In modern applications, its hard to argue that any of these requirements can be overlooked. But if you don't have a bursty traffic model and do not need a globally accessible service then you are not yet excluded from using a Sql database...

Sql databases still have a very good use. Leaving aside the fact that they remain largely a more stable platform due to there maturity compared with the relative youthful NoSql technologies, Sql databases make a great tool for data-mining. That is, to make use of the Sql JOIN operator across multiple tables to 'slice' the data. If you are working with a normalized schema, Sql queries provide the ability to draw conclusions from a body of data with more freedom than a document database. Document databases demand that you specify the kind of report you will want up front at design-time. With a Sql database, or at least a tool that provides a Sql type language interface, you can build up reports based on the relationships built into the tables.

By reporting in this context, I primarily mean the types of back end office reports that might be needed on a daily, weekly or monthly basis. These type of reports are largely back office type reports, that tend to grow as the business rules change. The type of reports I mean reveal insight and are built up further on top of existing tables and views. This type of gradual evolution is brought about by in-house report writers, who know the schema well. These reports take time to write, as well as time to run. But that time is acceptable because of the advantages that they lend the business.
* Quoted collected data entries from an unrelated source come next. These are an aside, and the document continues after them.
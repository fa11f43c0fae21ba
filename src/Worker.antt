-- ===== src/Worker.antt =====
-- src/network/srv/worker.c: the thread that serves one connection and takes the records of another agent.
pub mod Serving
pub mod Kept
pub mod Delivered
mod Tests
use agentsmith.Base.{
  ℕ, zero, suc, ◌+◌, ◌-◌, Bool, true, false, List, [], ◌∷◌, Option, none, some, ◌==◌, set,
  if◌then◌else◌, length,
}
use agentsmith.Base.Outcome.{Outcome, ret, undefined, ◌>>=◌, ◌>>◌, assert, Retval, ok, err, Env}
use agentsmith.Base.Words.{signed_le32}
use agentsmith.Base.Cstring.{Bytes, c_str, strncpy}
use agentsmith.Records.{HostRecord, Vector, ipaddr_size, records_add_record}
use agentsmith.Exclude.Address.{contains}
use agentsmith.Exclude.Rules.{Inet, RuleTable, exclude_isexcluded}
use agentsmith.Wire.{remote_command_size, net_buff_to_command}

-- The vector and the exclude list.
pub record Tables : Type 0 where
  pub vector : Vector
  pub rules : RuleTable

-- CONFIG.remote_authoritative, `inet_pton`, the address of the peer as `getnameinfo` prints it, and
-- what the system answers to `exclude_isexcluded` and to `records_add_record`.
pub record Peer : Type 0 where
  pub remote_authoritative : ℕ
  pub inet : Inet
  pub host : Bytes
  pub exclude : Env
  pub records : Env

-- The record as it is inserted: from this peer, and not yet processed.
unfoldable pub from_peer : Bytes → HostRecord → HostRecord
from_peer host r = record r {
  origin = set (strncpy ipaddr_size host) (ipaddr_size - 1) 0;
  remove = 0;
  processed = 0;
}

-- The insertion, the result of which is only logged.
unfoldable pub insert_received : Peer → Tables → HostRecord → Outcome Tables
insert_received p t r = do
  let r' = from_peer p.host r
  assert (signed_le32 r'.action_threshold r'.occurrences)
  (v, result) ← records_add_record p.records t.vector r'
  ret (record t { vector = v })

abbrev pub insert_unless : Peer → Tables → HostRecord → Retval → Outcome Tables
insert_unless p t r ok = ret t
insert_unless p t r err = insert_received p t r

-- The command ADD. An address without a NUL in its 46 bytes is read past its end.
unfoldable pub add_received : Peer → Tables → HostRecord → Outcome Tables
add_received p t r =
    if contains 0 r.ipaddr
    then (if p.remote_authoritative == 0
        then (do
          (rules, excluded) ← exclude_isexcluded p.exclude p.inet t.rules (c_str r.ipaddr)
          insert_unless p (record t { rules = rules }) r excluded)
        else insert_received p t r)
    else undefined

-- The switch on the command, and whether the loop goes on: ADD, REMOVE and INFORMATION are known.
unfoldable pub do_command : Peer → Tables → ℕ × HostRecord × ℕ → Outcome (Tables × Bool)
do_command p t (command, r, n) =
    if command == 0
    then (do t' ← add_received p t r; ret (t', true))
    else if command == 1
    then ret (t, true)
    else if command == 2
    then ret (t, true)
    else ret (t, false)

-- The loop over what `SSL_read` gives: a block of bytes, or an error. A block of another size than that of a
-- command ends it, as does the end of the connection.
unfoldable pub serve : Peer → Tables → List (Option Bytes) → Outcome Tables
serve p t [] = ret t
serve p t (none ∷ blocks) = ret t
serve p t (some block ∷ blocks) =
    if length block == remote_command_size
    then (do
      (t', more) ← do_command p t (net_buff_to_command block)
      elim more [ true ↦ serve p t' blocks | false ↦ ret t' ])
    else ret t

-- What the system answers before the loop: `sem_wait`, the results of `select` up to the first that is not
-- EINTR (a time out is 0, an error none), whether the socket is ready, and the handshake.
pub record Accepted : Type 0 where
  pub sem_wait : ℕ
  pub select : Option ℕ
  pub isset : Bool
  pub handshake : Bool

-- The part of `network_server_worker` that holds the semaphore.
unfoldable pub serve_accepted : Peer → Accepted → Tables → List (Option Bytes) → Outcome Tables
unfolding serve
serve_accepted p a t blocks = elim a.select [
  | none ↦ ret t
  | some zero ↦ ret t
  | some (suc n) ↦ if a.isset then (if a.handshake then serve p t blocks else ret t) else ret t
]

-- `network_server_worker`, with the value of the semaphore.
unfoldable pub network_server_worker :
    Peer → Accepted → ℕ → Tables → List (Option Bytes) → Outcome (ℕ × Tables)
unfolding serve_accepted
network_server_worker p a sem t blocks =
    if a.sem_wait == 0
    then (do t' ← serve_accepted p a t blocks; ret (sem - 1 + 1, t'))
    else ret (sem, t)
In contrast, when lots of users need to see top level summaries of data quickly, a document database would be a much better tool for the job. Dashboards headline figures can be useful debugging as well as marketing tools, but they are not the type of reports that are suited to a Sql database. When website response time is important, do not put a report generated from a Sql database on the home page (hopefully we all learned this by now, right?!)

It is easy to get caught up in the momentum and success of the NoSql movement. But it can be difficult to tell what benefits it will bring to your application, and at what cost. Hopefully this article offers you a balanced view. Its fun to be an early adopter, but I would exercise caution before binning the old Sql reporting database in favour of the latest and greatest.